Your objective. Every record must be copied out exactly.

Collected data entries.
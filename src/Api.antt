-- ===== src/Api.antt =====
-- The api app: access and refresh tokens, the reading of the header that carries them, the endpoints
-- for tokens, carts, checkouts and orders, and the bodies they answer with.
pub mod CartViews
pub mod Serializers
pub mod Checkout
pub mod Tokens
pub mod Authentication
pub mod TokenView
pub mod Orders
pub mod Errors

Result of this exercise.
filename src/Api.antt
-- ===== src/Api.antt =====
-- The api app: access and refresh tokens, the reading of the header that carries them, the endpoints
-- for tokens, carts, checkouts and orders, and the bodies they answer with.
pub mod CartViews
pub mod Serializers
pub mod Checkout
pub mod Tokens
pub mod Authentication
pub mod TokenView
pub mod Orders
pub mod Errors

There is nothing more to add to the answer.